*EXERCISE AIM*. Transcribe, word for word and without additions, each line below from the one containing "engines = nothing_chosen;" through the one containing "music_form = (codes", both ends included.
Start of Block
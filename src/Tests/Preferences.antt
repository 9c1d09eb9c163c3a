-- ===== src/Tests/Preferences.antt =====
-- Examples of the theorems on settings.
use opencode_optimised_tooli.Preferences.BooleanSetting.{parse}
use opencode_optimised_tooli.Preferences.Whole.{
  complete, boolean, multiple_choice, Entry, string, Preferences, left_by, parse_dict, put_setting,
  parse_value,
}
use opencode_optimised_tooli.Preferences.Form.{
  parse_form, read_form, add_unsent, read_field, collect, put_categories, put_category,
}
use opencode_optimised_tooli.Preferences.Form.Unsent.{switched_off, parse_form-unsent}
use opencode_optimised_tooli.Preferences.Whole.Locks.{Holds, parse_dict-Holds}
use opencode_optimised_tooli.Prelude.{
  Dict, List, Text, [], codes, contains, false, has_key, has_prefix, insert, lookup, none, refl,
  some, true, ◌∷◌, ◌≡◌, list_eq, nat_eq, pair_eq, string_eq,
}
use opencode_optimised_tooli.Preferences.Setting.{Setting}
use opencode_optimised_tooli.Preferences.SetSetting
use opencode_optimised_tooli.Preferences.BooleanChoices.{BooleanChoices, parse_cookie, save}
use opencode_optimised_tooli.Preferences.BooleanChoices.Cookies.{parse_cookie-save}

abbrev categories : Setting (List Text)
categories = record {
  value = codes "general" ∷ codes "images" ∷ [];
  locked = false;
  choices = codes "general" ∷ codes "images" ∷ codes "music" ∷ [];
}

abbrev language : Setting Text
language = record {
  value = codes "all";
  locked = false;
  choices = codes "all" ∷ codes "de" ∷ codes "pt-BR" ∷ [];
}

abbrev fresh_plugins : BooleanChoices
fresh_plugins = record {
  choices = (codes "calculator", true) ∷ (codes "tor_check", false) ∷ [];
  locked = false;
  default_choices = (codes "calculator", true) ∷ (codes "tor_check", false) ∷ [];
}

abbrev plugins : BooleanChoices
plugins = record fresh_plugins {
  choices = (codes "calculator", false) ∷ (codes "tor_check", true) ∷ [];
}

parse_cookie-save_example :
    lookup
      (codes "tor_check")
      (parse_cookie (save plugins).0 (save plugins).1 fresh_plugins).choices
    ≡ lookup (codes "tor_check") plugins.choices
unfolding has_key contains
parse_cookie-save_example =
    parse_cookie-save plugins fresh_plugins refl (λ k. refl) (refl, (refl, tt)) (refl, (refl, tt))
      (codes "tor_check") refl

abbrev tokens : SetSetting.State
tokens = record { values = codes "a1" ∷ codes "b2" ∷ []; locked = false }

abbrev theme : Entry
theme = record { locked = true; setting = string (codes "simple") }

abbrev nothing_chosen : BooleanChoices
nothing_chosen = record { choices = []; locked = false; default_choices = [] }

abbrev user_preferences : Preferences
user_preferences = record {
  key_value_settings =
      (codes "theme", theme)
      ∷ (codes "method", record { locked = false; setting = string (codes "GET") })
      ∷ [];
  engines = nothing_chosen;
  plugins = nothing_chosen;
  tokens = record { values = []; locked = false };
}

abbrev cookies : Dict Text Text
cookies = (codes "theme", codes "dark") ∷ (codes "method", codes "POST") ∷ []

parse_dict-Holds_example :
    Holds (codes "theme") theme (left_by (parse_dict cookies user_preferences))
unfolding lookup
parse_dict-Holds_example = parse_dict-Holds cookies (codes "theme") theme user_preferences refl refl

abbrev center_alignment : Entry
center_alignment = record { locked = true; setting = boolean (record { value = true; key = none }) }

abbrev with_boolean : Preferences
with_boolean = record user_preferences {
  key_value_settings =
      (codes "categories", record { locked = false; setting = multiple_choice categories })
      ∷ (codes "center_alignment", center_alignment)
      ∷ [];
}

abbrev music_form : Dict Text Text
music_form = (codes "category_music", codes "on") ∷ []

abbrev after_form : Preferences
after_form = left_by (parse_form music_form with_boolean)

music_form_parsed : parse_form music_form with_boolean ≡ complete after_form
unfolding parse_form read_form add_unsent has_key insert read_field lookup collect has_prefix
    put_setting parse_value parse put_categories put_category
music_form_parsed = refl

parse_form-unsent_example :
    lookup (codes "center_alignment") after_form.key_value_settings
    ≡ some (switched_off center_alignment)
unfolding has_key lookup
parse_form-unsent_example =
    parse_form-unsent (codes "center_alignment") center_alignment music_form with_boolean after_form
      refl refl (refl, tt) refl refl music_form_parsed
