-- ===== src/Tests/Schema.antt =====
-- Examples of the theorems on the schema of the settings.
use opencode_optimised_tooli.Prelude.{
  inl, inr, Bool, Dict, Option, Text, [], codes, false, none, refl, some, true, ◌==◌, ◌∷◌, ◌≡◌,
  list_eq, nat_eq, pair_eq, string_eq, any, lookup,
}
use opencode_optimised_tooli.Tree.{
  Tree, Fields, scalar, dict, truth, integer, string, entry, get, put,
}
use opencode_optimised_tooli.Settings.Schema.{
  Keys, end, key, setting, section, kind, text, truth_value, whole, plain, is_instance,
  read_environ, overridden, given_or_default, fits, accepts, call, run, step, apply_schema,
}
use opencode_optimised_tooli.Settings.Schema.Typed.{
  tree_get, has, HasDistinctKeys, IsDistinctBelow, Becomes, IsOneOf, HasType, IsDict, Applied,
}
use opencode_optimised_tooli.Settings.Schema.Outcomes.{Promises, apply_schema_outcomes}

-- `==` on integers, which is all that the examples compare.
abbrev is_equal : Tree → Tree → Bool
is_equal (scalar (integer a m)) (scalar (integer b n)) = m == n
is_equal _ _ = false

abbrev no_struct : Text → Tree → Option Tree
no_struct name t = none

abbrev number : Tree
number = scalar (integer false 8888)

-- Two settings of the schema's section `server`.
abbrev server_keys : Keys
server_keys =
    key (codes "port")
      (setting (record {
        check = plain;
        type_definition = kind whole ∷ kind text ∷ [];
        default = scalar (integer false 8888);
        environ_name = some (codes "SEARXNG_PORT");
      }))
      (key (codes "limiter")
        (setting (record {
          check = plain;
          type_definition = kind truth_value ∷ [];
          default = scalar (truth false);
          environ_name = some (codes "SEARXNG_LIMITER");
        }))
        end)

abbrev schema : Keys
schema = key (codes "server") (section server_keys) (key (codes "networks") (section end) end)

abbrev environ : Dict Text Text
environ = (codes "SEARXNG_LIMITER", codes "ON") ∷ []

abbrev user : Fields
user = entry (codes "x") (scalar (truth true)) (
    entry (codes "server") (dict (entry (codes "port") (scalar (string (codes "80"))) Fields.empty))
      Fields.empty)

abbrev result : Tree
result = dict (
    entry (codes "x") (scalar (truth true)) (
      entry (codes "server")
        (dict (
          entry (codes "port") (scalar (string (codes "80")))
            (entry (codes "limiter") (scalar (truth true)) Fields.empty)))
        (entry (codes "networks") (dict Fields.empty) Fields.empty)))

schema-HasDistinctKeys : HasDistinctKeys schema
unfolding HasDistinctKeys IsDistinctBelow has
schema-HasDistinctKeys = (refl, (refl, tt, (refl, tt, tt)), (refl, tt, tt))

apply_schema_example :
    apply_schema is_equal environ (λ t. false) no_struct (dict user) schema ≡ some result
unfolding apply_schema run step call accepts fits any is_instance read_environ overridden
    given_or_default get put lookup
apply_schema_example = refl

apply_schema_outcomes_example :
    Promises is_equal environ
      (λ t. false)
      no_struct
      schema
      (dict user)
      (apply_schema is_equal environ (λ t. false) no_struct (dict user) schema)
apply_schema_outcomes_example =
    apply_schema_outcomes is_equal environ (λ t. false) no_struct schema (dict user)
      schema-HasDistinctKeys

-- A wrong value is refused.
refused :
    apply_schema is_equal []
      (λ t. false)
      no_struct
      (dict (entry (codes "limiter") (scalar (string (codes "maybe"))) Fields.empty))
      server_keys
    ≡ none
unfolding apply_schema run step call accepts fits any is_instance read_environ overridden
    given_or_default get put lookup
refused = refl

-- What is returned has the schema applied.
result-Applied : Applied is_equal environ (λ t. false) no_struct schema (dict user) result
unfolding Applied Becomes HasType IsOneOf IsDict tree_get call accepts fits any is_instance
    read_environ overridden given_or_default get lookup
result-Applied = (
  tt,
  (_, refl, (tt, (_, refl, (refl, inr (inl refl))), (tt, (_, refl, (refl, inl refl)), tt))),
  (tt, (_, refl, tt), tt),
)

-- After an error the later sections are left out: `server` gets no values.
abbrev wrong : Tree
wrong = dict (entry (codes "limiter") (scalar (string (codes "maybe"))) Fields.empty)

section_left_out :
    run is_equal []
      (λ t. false)
      no_struct
      (key
        (codes "limiter")
        (setting (record {
          check = plain;
          type_definition = kind truth_value ∷ [];
          default = scalar (truth false);
          environ_name = none;
        }))
        (key (codes "server") (section server_keys) end))
      wrong
      false
    ≡ some (wrong, true)
unfolding run step call accepts fits any is_instance overridden given_or_default get
section_left_out = refl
End of Block
*EXERCISE SOLUTION*.
  engines = nothing_chosen;
  plugins = nothing_chosen;
  tokens = record { values = []; locked = false };
}

abbrev cookies : Dict Text Text
cookies = (codes "theme", codes "dark") ∷ (codes "method", codes "POST") ∷ []

parse_dict-Holds_example :
    Holds (codes "theme") theme (left_by (parse_dict cookies user_preferences))
unfolding lookup
parse_dict-Holds_example = parse_dict-Holds cookies (codes "theme") theme user_preferences refl refl

abbrev center_alignment : Entry
center_alignment = record { locked = true; setting = boolean (record { value = true; key = none }) }

abbrev with_boolean : Preferences
with_boolean = record user_preferences {
  key_value_settings =
      (codes "categories", record { locked = false; setting = multiple_choice categories })
      ∷ (codes "center_alignment", center_alignment)
      ∷ [];
}

abbrev music_form : Dict Text Text
music_form = (codes "category_music", codes "on") ∷ []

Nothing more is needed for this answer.